Dr Wodak provides a brief history lesson to show that the decision to ban cannabis in the 1920s was, at the very least, devoid of evidence. ‘There was no careful root and branch review of the evidence. Instead, Australia was represented at a League of Nations meeting in Geneva in 1925 where delegates from several countries decried the dangers of cannabis.’ Dr Wodak cites Robert Kendell in his 2003 article Cannabis Condemned:

“A claim by the Egyptian delegation that [cannabis] was as dangerous as opium, and should therefore be subject to the same international controls, was supported by several other countries. No formal evidence was produced and conference delegates had not been briefed about cannabis.”

Dr Wodak remarks:

Accordingly, the Commonwealth wrote to the states after the meeting instructing them to prohibit cannabis. This is the quicksand upon which the mighty edifice of cannabis prohibition in Australia was constructed.

From an international perspective, the Greens’ state-controlled proposal is similar to the model adopted by Uruguay in 2014, in which Uruguay legalised growing up to six plants at home, as well as the formation of growing clubs, a state-controlled dispensary regime, and the creation of a cannabis regulatory body.

By comparison, Colorado in the United States legalised the sale and possession of cannabis for non-medical uses in 2012, including private cultivation of up to six  plants, with no more than three being in flower at the one time. Colorado established a commercial market for consumers aged 21 years and over, as well as regulations for the commercial cultivation, manufacture, and sale similar to alcohol, for recreational use.

The prohibition effect: limited knowledge, quality and variety. Rich bikers.

Australian consumers’ knowledge of cannabis has been shaped by their experience of prohibition and is, in general, unsophisticated by international standards. Many Australians have experienced cannabis smoked through a bong with tobacco or rolled into a joint. Combustion, however, is only one way in which people consume cannabis products. Some Australians may have eaten decarboxylated cannabis in a cake or brownie.

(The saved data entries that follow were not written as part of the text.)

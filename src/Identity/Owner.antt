-- ===== src/Identity/Owner.antt =====
-- The principal that the loaded identity stands for.
use ndn_mobile.Prelude.{ℕ, ◌*◌, ◌%◌, ◌^◌, if◌then◌else◌, Option, none, some, List, [], ◌∷◌, ◌++◌}
use ndn_mobile.Text.{Text, codes, same}
use ndn_mobile.Types.{identity}
use ndn_mobile.Enroll.Identity.{until_ns}
use ndn_mobile.Identity.{
  Parts, Act, ◌>>=◌, return, lift, map_err, map_io, ok_or, get, loaded_signer,
}

-- Ten years.
abbrev pub validity_secs : ℕ
validity_secs = 10 * 365 * 24 * 60 * 60

-- What stands before the first occurrence of `pattern`, and what stands after it.
unfoldable pub strip_prefix : Text → Text → Option Text
strip_prefix [] text = some text
strip_prefix (c ∷ pattern) [] = none
strip_prefix (c ∷ pattern) (d ∷ text) =
    let rest = strip_prefix pattern text in if same (c ∷ []) (d ∷ []) then rest else none

unfoldable pub before : ℕ → Option (Text × Text) → Option (Text × Text)
before c none = none
before c (some (id, rest)) = some (c ∷ id, rest)

unfoldable pub or_find : Option Text → Option (Text × Text) → Option (Text × Text)
or_find none later = later
or_find (some rest) later = some ([], rest)

unfoldable pub split_once : Text → Text → Option (Text × Text)
split_once [] pattern = or_find (strip_prefix pattern []) none
split_once (c ∷ text) pattern =
    or_find (strip_prefix pattern (c ∷ text)) (before c (split_once text pattern))

module _ (p : Parts) where
  open p use {lib, Principal}

  unfoldable pub parse_first : Option (Text × Text) → Option lib.Name
  parse_first none = none
  parse_first (some (id, rest)) = p.parse id

  unfoldable pub identity_of_key : lib.Name → Option lib.Name
  identity_of_key key_name = parse_first (split_once (p.to_string key_name) (codes "/KEY/"))

  unfoldable pub loaded_identity : Act p Principal
  loaded_identity = do
    signer ← loaded_signer p
    let key_name = p.key_name signer
    id_name ←
        ok_or p
          (identity (codes "key name " ++ p.to_string key_name ++ codes " has no /KEY/ component"))
          (identity_of_key key_name)
    map_err p identity (p.from_signer id_name key_name signer)

  unfoldable pub principal_did : Act p Text
  principal_did = do principal ← loaded_identity; return p (p.did principal)

  unfoldable pub principal_name : Act p Text
  principal_name = do principal ← loaded_identity; return p (p.to_string (p.name_of principal))

  unfoldable pub public_key_of : lib.Signer → Act p (List ℕ)
  public_key_of signer =
      ok_or p (identity (codes "loaded identity has no exportable public key"))
        (p.public_key signer)

  unfoldable pub principal_public_key : Act p (List ℕ)
  principal_public_key = do signer ← loaded_signer p; public_key_of signer

  unfoldable pub self_cert_name : lib.Name → lib.Name
  self_cert_name key_name = p.keys.append_version (lib.append key_name (codes "self")) 0

  unfoldable pub cert_name_or_self : lib.Name → Option lib.Name → lib.Name
  cert_name_or_self key_name none = self_cert_name key_name
  cert_name_or_self key_name (some cert_name) = cert_name

  -- A new certificate by the loaded key for itself.
  unfoldable pub self_cert : Act p (List ℕ)
  self_cert = do
    signer ← loaded_signer p
    pubkey ← public_key_of signer
    now ← lift p p.keys.clock
    let now_ns = now % 2 ^ 64
    map_io p (λ e. identity (codes "encode operator cert: " ++ e))
        (p.encode_cert (cert_name_or_self (p.key_name signer) (p.cert_name signer)) pubkey signer
          now_ns (until_ns now_ns validity_secs))

  unfoldable pub cert_or_self : Option (List ℕ) → Act p (List ℕ)
  cert_or_self (some cert_wire) = return p cert_wire
  cert_or_self none = self_cert

  unfoldable pub principal_cert_wire : Act p (List ℕ)
  principal_cert_wire = do cert_wire ← get p (λ s. s.cert_wire); cert_or_self cert_wire
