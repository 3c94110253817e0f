-- ===== src/Identity/Objects.antt =====
-- Objects that the core publishes, and what it starts an offer board with.
use ndn_mobile.Prelude.{ℕ, ◌==◌, if◌then◌else◌, Bool, true, Option, none, List, ◌⊎◌, inl, inr}
use ndn_mobile.Text.{Text, codes}
use ndn_mobile.Types.{identity, engine}
use ndn_mobile.Identity.{Parts, Act, ◌>>=◌, return, map_io, ok_or, name_in, current_signer}
use ndn_mobile.Identity.Owner.{loaded_identity, principal_cert_wire}

-- What the app library does with objects.
pub record Publishing (p : Parts) : Type 1 where
  pub Prepared : Type 0
  pub build : p.lib.Name → List ℕ → (chunk_size : ℕ) → Prepared
  -- The wire for an Interest's name, where the object has one.
  pub answer_interest :
      Prepared
      → p.lib.Name
      → Option p.lib.Signer
      → p.lib.World
      → (Text ⊎ Option (List ℕ)) × p.lib.World
  -- `DemuxConnection::serve` with a handler, until the connection closes.
  pub serve :
      p.lib.Name
      → (p.lib.Name → p.lib.World → Option (List ℕ) × p.lib.World)
      → p.lib.World
      → (◌⊎◌ {0, 0} Text Unit) × p.lib.World

module _ (p : Parts) (o : Publishing p) where
  open p use {lib}
  open lib use {World, Name, Signer}

  unfoldable pub responded : Text ⊎ Option (List ℕ) → Option (List ℕ)
  responded (inl e) = none
  responded (inr wire) = wire

  unfoldable pub handler : o.Prepared → Option Signer → Name → World → Option (List ℕ) × World
  handler prepared signer name w =
      let (r, w') = o.answer_interest prepared name signer w in (responded r, w')

  unfoldable pub chunk_or_default : ℕ → ℕ
  chunk_or_default chunk_size = if chunk_size == 0 then 8192 else chunk_size

  unfoldable pub publish_object : Text → List ℕ → ℕ → Act p Bool
  publish_object name content chunk_size = do
    parsed ← name_in p name
    signer ← current_signer p
    served ←
        map_io p engine
          (o.serve parsed (handler (o.build parsed content (chunk_or_default chunk_size)) signer))
    return p true

module _ (p : Parts) where
  open p use {lib}

  -- The signer, the certificate and the identity's name for `OfferBoard::new`.
  unfoldable pub start_offer_board : Act p (lib.Signer × (List ℕ × lib.Name))
  start_offer_board = do
    loaded ← current_signer p
    signer ← ok_or p (identity (codes "no identity loaded — load one before sharing")) loaded
    principal ← loaded_identity p
    cert_wire ← principal_cert_wire p
    return p (signer, (cert_wire, p.name_of principal))
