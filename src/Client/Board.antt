-- ===== src/Client/Board.antt =====
-- The client's offer board.
use ndn_mobile.Prelude.{ℕ, Bool, true, false, Option, none, some, List, ◌⊎◌, inl, inr}
use ndn_mobile.Text.{Text, codes}
use ndn_mobile.Types.{NdnError, engine}
use ndn_mobile.Offer
use ndn_mobile.Offer.{OfferBoard}
use ndn_mobile.Offer.Calls.{
  add_offer, add_offer_file, add_offer_file_streamed, remove_offer, list_offers,
}
use ndn_mobile.Identity.{Parts}
use ndn_mobile.Identity.Objects.{start_offer_board}
use ndn_mobile.Client.{Fetching, NdnClient, Call, on_core}

-- The names, signers and files of the two models of one library.
pub record Same (p : Parts) (offers : Offer.Library) : Type 0 where
  pub name : p.lib.Name → offers.Name
  pub signer : p.lib.Signer → offers.Signer
  pub file : (fd : ℕ) → offers.File

module _ (p : Parts) (offers : Offer.Library) (f : Fetching p) (same : Same p offers) where
  unfoldable pub not_started : NdnError
  not_started = engine (codes "offer board not started — call start_offer_board first")

  unfoldable pub placed :
      (NdnError ⊎ OfferBoard offers) × NdnClient p offers f
      → (NdnError ⊎ Bool) × NdnClient p offers f
  placed (inl e, c) = (inl e, c)
  placed (inr board, c) = (inr true, record c { offer_board = some board })

  -- The board that replaces the one before, `now` being the version of its first objects.
  unfoldable pub opening :
      ℕ
      → Text
      → (NdnError ⊎ (p.lib.Signer × (List ℕ × p.lib.Name))) × NdnClient p offers f
      → (NdnError ⊎ OfferBoard offers) × NdnClient p offers f
  opening now node_id (inl e, c) = (inl e, c)
  opening now node_id (inr (signer, (cert_wire, identity_prefix)), c) =
      (Offer.new offers now (same.signer signer) cert_wire node_id (same.name identity_prefix), c)

  unfoldable pub start_board : ℕ → Text → Call p offers f Bool
  start_board now node_id c =
      placed (opening now node_id (on_core p offers f (start_offer_board p) c))

  unfoldable pub on_board :
      {A : Type 0}
      → (OfferBoard offers → (NdnError ⊎ A) × OfferBoard offers)
      → Option (OfferBoard offers)
      → Call p offers f A
  on_board run none c = (inl not_started, c)
  on_board run (some board) c =
      let (r, board) = run board in (r, record c { offer_board = some board })

  unfoldable pub add : ℕ → Text → Text → Text → List ℕ → Call p offers f Text
  add now file_id display_name mime content c =
      on_board (add_offer offers now file_id display_name mime content) c.offer_board c

  unfoldable pub add_fd : ℕ → Text → Text → Text → ℕ → ℕ → Call p offers f Text
  add_fd now file_id display_name mime fd size c =
      on_board (add_offer_file offers now file_id display_name mime (same.file fd) size)
        c.offer_board c

  unfoldable pub add_fd_streamed : ℕ → Text → Text → Text → ℕ → ℕ → Call p offers f Text
  add_fd_streamed now file_id display_name mime fd size c =
      on_board (add_offer_file_streamed offers now file_id display_name mime (same.file fd) size)
        c.offer_board c

  unfoldable pub removed :
      ℕ → Text → Option (OfferBoard offers) → NdnClient p offers f → Bool × NdnClient p offers f
  removed now file_id none c = (false, c)
  removed now file_id (some board) c =
      let (found, board) = remove_offer offers now file_id board in
      (found, record c { offer_board = some board })

  unfoldable pub remove : ℕ → Text → NdnClient p offers f → Bool × NdnClient p offers f
  remove now file_id c = removed now file_id c.offer_board c

  unfoldable pub listed : Option (OfferBoard offers) → Text
  listed none = codes "{\"node\":\"\",\"offers\":[]}"
  listed (some board) = list_offers offers board

  unfoldable pub list : NdnClient p offers f → Text
  list c = listed c.offer_board
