-- ===== src/Identity/Announce.antt =====
-- Announcing a prefix to the gateway.
use ndn_mobile.Prelude.{ℕ, ◌+◌, ◌&&◌, leb, ltb, Bool, Option, none, some, List, [], ◌∷◌, ◌++◌, ◌⊎◌}
use ndn_mobile.Text.{Text, codes}
use ndn_mobile.Types.{identity, engine}
use ndn_mobile.RemoteSigner.{or_empty}
use ndn_mobile.Identity.{
  Parts, Act, ◌>>=◌, return, lift, map_err, map_io, get, name_in, loaded_signer,
}

-- Milliseconds.
abbrev pub announce_lifetime : ℕ
announce_lifetime = 10000

-- What the packet, configuration and app libraries do for a command.
pub record Commands (p : Parts) : Type 1 where
  pub Interest : Type 0
  pub Reply : Type 0
  -- `ControlParameters::encode` with the name alone.
  pub encode_params : p.lib.Name → List ℕ
  pub rib : List ℕ
  pub register : List ℕ
  pub from_components : List (List ℕ) → p.lib.Name
  pub random_reflexive_name : p.lib.World → p.lib.Name × p.lib.World
  -- `InterestBuilder`, fresh, with a lifetime and a reflexive name, signed by `sign_fallible` with the
  -- key locator's name.
  pub build :
      p.lib.Name
      → (lifetime : ℕ) → (reflexive : p.lib.Name) → (key_locator : Option p.lib.Name) → p.lib.Signer
      → p.lib.World
      → (Text ⊎ Interest) × p.lib.World
  -- `fetch_wire` while the demux serves the reflexive name with the content for the Interests under it.
  pub fetch_serving :
      (reflexive : p.lib.Name)
      → (body : List ℕ) → Interest
      → (timeout : ℕ) → p.lib.World
      → (Text ⊎ Reply) × p.lib.World
  pub content : Reply → Option (List ℕ)
  -- `ControlResponse::decode`, with the status code.
  pub decode_status : List ℕ → Text ⊎ ℕ

module _ (p : Parts) (c : Commands p) where
  open p use {lib}

  unfoldable pub command_name : lib.Name → lib.Name
  command_name prefix_name =
      c.from_components
        (codes "localhop" ∷ codes "nfd" ∷ c.rib ∷ c.register ∷ c.encode_params prefix_name ∷ [])

  unfoldable pub or_key_name : Option lib.Name → lib.Name → Option lib.Name
  or_key_name (some cert_name) key_name = some cert_name
  or_key_name none key_name = some key_name

  unfoldable pub is_ok : ℕ → Bool
  is_ok status_code = leb 200 status_code && ltb status_code 300

  unfoldable pub announce_prefix : Text → Act p Bool
  announce_prefix prefix = do
    prefix_name ← name_in p prefix
    signer ← loaded_signer p
    cert_wire ← get p (λ s. s.cert_wire)
    reflexive ← lift p c.random_reflexive_name
    wire ← map_io p identity (
        c.build (command_name prefix_name) announce_lifetime reflexive
          (or_key_name (p.cert_name signer) (p.key_name signer)) signer)
    reply ←
        map_io p (λ e. engine (codes "announce: no ControlResponse: " ++ e))
          (c.fetch_serving reflexive (or_empty p.remote cert_wire) wire (announce_lifetime + 1000))
    status_code ←
        map_err p (λ e. engine (codes "announce: bad ControlResponse: " ++ e))
          (c.decode_status (or_empty p.remote (c.content reply)))
    return p (is_ok status_code)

Comparatively few know that cannabis can be vaporised or used in concentrated forms such as dabs. Along with edible products, personal vaporisers have emerged as a preferred method of delivery for medicinal cannabis patients because there is no evidence they adversely affect the respiratory system.

The average Australian cannabis consumer might distinguish between two types of cannabis: ‘hydro’, a catch-all term describing high-potency, indoor-grown hydroponic cannabis that can sometimes have a strong chemical odour and taste; and, ‘outdoor’ or ‘bush weed’, which is more commonly found outside of the major city centres. This is a false dichotomy.

In communities where both cannabis markets and consumer knowledge is more advanced, consumers choose between sativa dominant or indica dominant strains. These categories relate directly to the two major species, Cannabis sativa and Cannabis indica. A third species,  Cannabis ruderalis, is mainly used to breed autoflowering hybrids because of its unique ability to flower without a photoperiod cue.

Cannabis plants produce a unique mix of terpeno-phenolic compounds called cannabinoids. There are over 100 different cannabinoids that have been isolated from the plant, including the two most prevalent: the psychoactive delta-9 tetrahydrocannabinol (THC), and cannabidiol (CBD). CBD is not considered psychoactive and is being offered by doctors in the United States for its ability to reduce nausea and anxiety, among other things.*

In jurisdictions where medical cannabis is legal, dispensaries fill prescriptions for specific strains of cannabis – for example, strains that stimulate the appetite and suppress pain, or relieve anxiety and stress. Medicine Man, a family-run business in Denver offers over 40 different medicinal and recreational strains, all varying in THC/CBD content and ratio, with wildly different terpene profiles.

Differentiation between medicinal and recreational strains is relatively arbitrary: popular medicinal strains such as G-14, Liberty Haze, Super Sour Diesel, Jamaican Lion and Girl Scout Cookies are equally, if not more, popular with recreational consumers.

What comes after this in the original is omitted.